## Goal of the exercise
Everything from the line containing "limit (chunks limit s)" to the end of the listing is to be set down exactly, both ends included, and nothing before it.

## Data to use
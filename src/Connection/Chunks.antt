-- ===== src/Connection/Chunks.antt =====
-- Lemmas on the slices that `connection::send_message` of server/connection.cpp queues.
use mathlib.Core.List.{append-nil}
use irc_chat.Base.{
  ℕ, zero, suc, ◌≤◌, ◌<◌, ◌≡◌, sym, ap, ◌∙◌, inl, inr, List, [], ◌∷◌, ◌++◌, Str, Bool-cases, length,
  take, drop, length-take, length-drop, take-append-drop, drop-eq-nil, take-eq_self, arith, leb,
  if◌then◌else◌, concat,
}
use irc_chat.Connection.{chunks_loop, chunks}

-- A slice that `poll_send` can send.
abbrev pub IsSlice : ℕ → Str → Type 0
IsSlice limit p = (0 < length p) × (length p ≤ limit)

abbrev pub AreSlices : ℕ → List Str → Type 0
AreSlices limit [] = Unit {0}
AreSlices limit (p ∷ ps) = IsSlice limit p × AreSlices limit ps

drop_min :
    (limit : ℕ) (s : Str) → drop (if leb limit (length s) then limit else length s) s ≡ drop limit s
drop_min limit s = elim (Bool-cases (leb limit (length s))) [
  | inl e ↦ rw e
  | inr e ↦ rw e (drop-eq-nil (length s) s (omega arith) ∙ sym (drop-eq-nil limit s (ground arith)))
]

chunks_loop-concat :
    (limit f : ℕ) (s : Str) → 0 < limit → length s < f → concat (chunks_loop limit f s) ≡ s
unfolding chunks_loop
chunks_loop-concat limit zero s h lt = absurd (omega arith)
chunks_loop-concat limit (suc f) s h lt =
    rw (drop_min limit s) (elim (Bool-cases (leb 1 (length (drop limit s)))) [
      | inl more ↦ rw more (
          ap (◌++◌ (take limit s))
            (chunks_loop-concat limit f (drop limit s) h (ground (arith, length-drop limit s)))
          ∙ take-append-drop limit s)
      | inr done ↦
          rw (done, append-nil) (take-eq_self limit s (ground (arith, length-drop limit s)))
    ])

-- For a limit above 0, the slices that `send_message` queues, put together in order, are the text.
pub chunks-concat : (limit : ℕ) (s : Str) → 0 < limit → concat (chunks limit s) ≡ s
unfolding chunks
chunks-concat limit s h = chunks_loop-concat limit (suc (length s)) s h (omega arith)

chunks_loop-AreSlices :
    (limit f : ℕ) (s : Str) → 0 < limit → 0 < length s → AreSlices limit (chunks_loop limit f s)
unfolding chunks_loop
chunks_loop-AreSlices limit zero s h lt = tt
chunks_loop-AreSlices limit (suc f) s h lt =
    rw (drop_min limit s) (elim (Bool-cases (leb 1 (length (drop limit s)))) [
      | inl more ↦ rw more (
        (omega (arith, length-take limit s), omega (arith, length-take limit s)),
        chunks_loop-AreSlices limit f (drop limit s) h (ground arith),
      )
      | inr done ↦
          rw done ((omega (arith, length-take limit s), omega (arith, length-take limit s)), tt)
    ])

-- For a limit above 0 and a text that is not empty, each slice that `send_message` queues has at
-- least one byte and at most the limit.
pub chunks-AreSlices :
    (limit : ℕ) (s : Str) → 0 < limit → 0 < length s → AreSlices limit (chunks limit s)
unfolding chunks
chunks-AreSlices limit s h lt = chunks_loop-AreSlices limit (suc (length s)) s h lt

## Response for this exercise
    (limit : ℕ) (s : Str) → 0 < limit → 0 < length s → AreSlices limit (chunks limit s)
unfolding chunks
chunks-AreSlices limit s h lt = chunks_loop-AreSlices limit (suc (length s)) s h lt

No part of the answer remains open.